═══ Given data

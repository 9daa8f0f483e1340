-- ===== src/Drive/Examples.antt =====
-- Handles and paths, one by one.
use net_mount.Base.{ℕ, ◌<◌, ◌≤◌, ◌≡◌, ◌≢◌, refl, List, [], ◌∷◌, ◌++◌, arith, length, some, none}
use net_mount.Drive.{
  FsPath, Item, blank_item, get_handle, get_handle_path, check_path_depth, depth_from, scan_items,
  allocate,
}
use net_mount.Drive.Table.{paths, path_at}
use net_mount.Drive.Stable.{
  LeadsTo, get_handle_path-get_handle, get_handle_twice, get_handle_others,
}
use net_mount.Drive.Depth.{check_path_depth-walk, walk, depth_of}

abbrev root_dir : FsPath
root_dir = (b's' ∷ []) ∷ []

abbrev sub_dir : FsPath
sub_dir = (b's' ∷ []) ∷ (b'd' ∷ []) ∷ []

abbrev table : List Item
table = record blank_item { path = root_dir; last_used_time = 5 } ∷ []

sub_dir-ne : sub_dir ≢ []
sub_dir-ne = ground arith

second : (get_handle 9 sub_dir table).0 ≡ 1
unfolding get_handle allocate scan_items
second = refl

get_handle_path-get_handle_example :
    LeadsTo sub_dir
      (get_handle 9 sub_dir table).1
      (get_handle 9 sub_dir table).0
      (get_handle_path 10 (get_handle 9 sub_dir table).1 (get_handle 9 sub_dir table).0)
    × ((get_handle 9 sub_dir table).0 < 65535)
    × (length (get_handle 9 sub_dir table).1 ≤ 65535)
get_handle_path-get_handle_example =
    get_handle_path-get_handle 9 sub_dir table sub_dir-ne (omega arith) 10

get_handle_twice_example :
    ((get_handle 10 sub_dir (get_handle 9 sub_dir table).1).0 ≡ (get_handle 9 sub_dir table).0)
    × (paths (get_handle 10 sub_dir (get_handle 9 sub_dir table).1).1
        ≡ paths (get_handle 9 sub_dir table).1)
get_handle_twice_example = get_handle_twice 9 sub_dir table sub_dir-ne (omega arith) 10

not_first : 0 ≢ (get_handle 9 sub_dir table).0
not_first = ground (arith, second)

get_handle_others_example :
    path_at (paths (get_handle 9 sub_dir table).1) 0 ≡ path_at (paths table) 0
get_handle_others_example =
    get_handle_others 9 sub_dir table sub_dir-ne (omega arith) 0 not_first (omega arith)

abbrev dot_dot : List ℕ
dot_dot = b'.' ∷ b'.' ∷ []

climbs : check_path_depth (sub_dir ++ dot_dot ∷ dot_dot ∷ dot_dot ∷ root_dir) ≡ none
unfolding check_path_depth depth_from
climbs = refl

check_path_depth-walk_example : check_path_depth sub_dir ≡ depth_of (walk [] sub_dir)
check_path_depth-walk_example = check_path_depth-walk sub_dir

stays : check_path_depth (sub_dir ++ dot_dot ∷ []) ≡ some 1
unfolding check_path_depth depth_from
stays = refl
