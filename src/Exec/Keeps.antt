-- ===== src/Exec/Keeps.antt =====
-- What an action leaves as it was, by rules for the ways in which actions are put together.
use net_mount.Base.{Bool, true, false, if◌then◌else◌}
use net_mount.Exec.{
  Exec, Result, ok, err, Failure, pure, throw, ask, look, recover, try_catch, proceed, ◌>>=◌,
  throw_if,
}

-- From a state with `P` the action ends in a state with `P`.
pub record Keeps {ℓ} {S A : Type ℓ} (P : S → Type ℓ) (m : Exec S A) : Type ℓ where
  pub holds : (s : S) → P s → P (m s).1

module _ {ℓ} {S A : Type ℓ} {P : S → Type ℓ} where
  pub pure-Keeps : (a : A) → Keeps P (pure a)
  pure-Keeps a = record { holds = λ s h. h }

  pub throw-Keeps : (e : Failure) → Keeps P (throw {A = A} e)
  throw-Keeps e = record { holds = λ s h. h }

  pub ask-Keeps : (f : S → Result A) → Keeps P (ask f)
  ask-Keeps f = record { holds = λ s h. h }

  pub look-Keeps : (f : S → A) → Keeps P (look f)
  look-Keeps f = record { holds = λ s h. h }

  pub if-Keeps : (b : Bool) (m n : Exec S A) → Keeps P m → Keeps P n → Keeps P (if b then m else n)
  if-Keeps true m n km kn = km
  if-Keeps false m n km kn = kn

  pub try_catch-Keeps :
      (m : Exec S A) (handler : Failure → Exec S A)
      → Keeps P m
      → ((e : Failure) → Keeps P (handler e))
      → Keeps P (try_catch m handler)
  try_catch-Keeps m handler km kh = record { holds = λ s h. by_result (m s) (km.holds s h) }
    where
      by_result : (r : Result A × S) → P r.1 → P (recover r handler).1
      by_result (ok a, s) h = h
      by_result (err e, s) h = (kh e).holds s h

module _ {ℓ} {S A B : Type ℓ} {P : S → Type ℓ} where
  pub bind-Keeps :
      (m : Exec S A) (f : A → Exec S B) → Keeps P m → ((a : A) → Keeps P (f a)) → Keeps P (m >>= f)
  bind-Keeps m f km kf = record { holds = λ s h. by_result (m s) (km.holds s h) }
    where
      by_result : (r : Result A × S) → P r.1 → P (proceed r f).1
      by_result (ok a, s) h = (kf a).holds s h
      by_result (err e, s) h = h

module _ {ℓ} {S : Type ℓ} {P : S → Type ℓ} where
  pub throw_if-Keeps : (b : Bool) (e : Failure) → Keeps P (throw_if {S = S} b e)
  throw_if-Keeps true e = record { holds = λ s h. h }
  throw_if-Keeps false e = record { holds = λ s h. h }

pub ruleset keeps_rules = (
  pure-Keeps, throw-Keeps, ask-Keeps, look-Keeps, if-Keeps, try_catch-Keeps, bind-Keeps,
  throw_if-Keeps,
)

══════

### Required action
Every line in the material must be retyped exactly, with none omitted.

### Solution to this exercise
repository 9daa8f0f483e1340
-- ===== src/Drive/Examples.antt =====
-- Handles and paths, one by one.
use net_mount.Base.{ℕ, ◌<◌, ◌≤◌, ◌≡◌, ◌≢◌, refl, List, [], ◌∷◌, ◌++◌, arith, length, some, none}
use net_mount.Drive.{
  FsPath, Item, blank_item, get_handle, get_handle_path, check_path_depth, depth_from, scan_items,
  allocate,
}
use net_mount.Drive.Table.{paths, path_at}
use net_mount.Drive.Stable.{
  LeadsTo, get_handle_path-get_handle, get_handle_twice, get_handle_others,
}
use net_mount.Drive.Depth.{check_path_depth-walk, walk, depth_of}

abbrev root_dir : FsPath
root_dir = (b's' ∷ []) ∷ []

abbrev sub_dir : FsPath
sub_dir = (b's' ∷ []) ∷ (b'd' ∷ []) ∷ []

abbrev table : List Item
table = record blank_item { path = root_dir; last_used_time = 5 } ∷ []

sub_dir-ne : sub_dir ≢ []
sub_dir-ne = ground arith

second : (get_handle 9 sub_dir table).0 ≡ 1
unfolding get_handle allocate scan_items
second = refl

get_handle_path-get_handle_example :
    LeadsTo sub_dir
      (get_handle 9 sub_dir table).1
      (get_handle 9 sub_dir table).0
      (get_handle_path 10 (get_handle 9 sub_dir table).1 (get_handle 9 sub_dir table).0)
    × ((get_handle 9 sub_dir table).0 < 65535)
    × (length (get_handle 9 sub_dir table).1 ≤ 65535)
get_handle_path-get_handle_example =
    get_handle_path-get_handle 9 sub_dir table sub_dir-ne (omega arith) 10

get_handle_twice_example :
    ((get_handle 10 sub_dir (get_handle 9 sub_dir table).1).0 ≡ (get_handle 9 sub_dir table).0)
    × (paths (get_handle 10 sub_dir (get_handle 9 sub_dir table).1).1
        ≡ paths (get_handle 9 sub_dir table).1)
get_handle_twice_example = get_handle_twice 9 sub_dir table sub_dir-ne (omega arith) 10

not_first : 0 ≢ (get_handle 9 sub_dir table).0
not_first = ground (arith, second)

get_handle_others_example :
    path_at (paths (get_handle 9 sub_dir table).1) 0 ≡ path_at (paths table) 0
get_handle_others_example =
    get_handle_others 9 sub_dir table sub_dir-ne (omega arith) 0 not_first (omega arith)

abbrev dot_dot : List ℕ
dot_dot = b'.' ∷ b'.' ∷ []

climbs : check_path_depth (sub_dir ++ dot_dot ∷ dot_dot ∷ dot_dot ∷ root_dir) ≡ none
unfolding check_path_depth depth_from
climbs = refl

check_path_depth-walk_example : check_path_depth sub_dir ≡ depth_of (walk [] sub_dir)
check_path_depth-walk_example = check_path_depth-walk sub_dir

stays : check_path_depth (sub_dir ++ dot_dot ∷ []) ≡ some 1
unfolding check_path_depth depth_from
stays = refl
filename src/Exec/Keeps.antt
-- ===== src/Exec/Keeps.antt =====
-- What an action leaves as it was, by rules for the ways in which actions are put together.
use net_mount.Base.{Bool, true, false, if◌then◌else◌}
use net_mount.Exec.{
  Exec, Result, ok, err, Failure, pure, throw, ask, look, recover, try_catch, proceed, ◌>>=◌,
  throw_if,
}

-- From a state with `P` the action ends in a state with `P`.
pub record Keeps {ℓ} {S A : Type ℓ} (P : S → Type ℓ) (m : Exec S A) : Type ℓ where
  pub holds : (s : S) → P s → P (m s).1

module _ {ℓ} {S A : Type ℓ} {P : S → Type ℓ} where
  pub pure-Keeps : (a : A) → Keeps P (pure a)
  pure-Keeps a = record { holds = λ s h. h }

  pub throw-Keeps : (e : Failure) → Keeps P (throw {A = A} e)
  throw-Keeps e = record { holds = λ s h. h }

  pub ask-Keeps : (f : S → Result A) → Keeps P (ask f)
  ask-Keeps f = record { holds = λ s h. h }

  pub look-Keeps : (f : S → A) → Keeps P (look f)
  look-Keeps f = record { holds = λ s h. h }

  pub if-Keeps : (b : Bool) (m n : Exec S A) → Keeps P m → Keeps P n → Keeps P (if b then m else n)
  if-Keeps true m n km kn = km
  if-Keeps false m n km kn = kn

  pub try_catch-Keeps :
      (m : Exec S A) (handler : Failure → Exec S A)
      → Keeps P m
      → ((e : Failure) → Keeps P (handler e))
      → Keeps P (try_catch m handler)
  try_catch-Keeps m handler km kh = record { holds = λ s h. by_result (m s) (km.holds s h) }
    where
      by_result : (r : Result A × S) → P r.1 → P (recover r handler).1
      by_result (ok a, s) h = h
      by_result (err e, s) h = (kh e).holds s h

module _ {ℓ} {S A B : Type ℓ} {P : S → Type ℓ} where
  pub bind-Keeps :
      (m : Exec S A) (f : A → Exec S B) → Keeps P m → ((a : A) → Keeps P (f a)) → Keeps P (m >>= f)
  bind-Keeps m f km kf = record { holds = λ s h. by_result (m s) (km.holds s h) }
    where
      by_result : (r : Result A × S) → P r.1 → P (proceed r f).1
      by_result (ok a, s) h = (kf a).holds s h
      by_result (err e, s) h = h

module _ {ℓ} {S : Type ℓ} {P : S → Type ℓ} where
  pub throw_if-Keeps : (b : Bool) (e : Failure) → Keeps P (throw_if {S = S} b e)
  throw_if-Keeps true e = record { holds = λ s h. h }
  throw_if-Keeps false e = record { holds = λ s h. h }

pub ruleset keeps_rules = (
  pure-Keeps, throw-Keeps, ask-Keeps, look-Keeps, if-Keeps, try_catch-Keeps, bind-Keeps,
  throw_if-Keeps,
)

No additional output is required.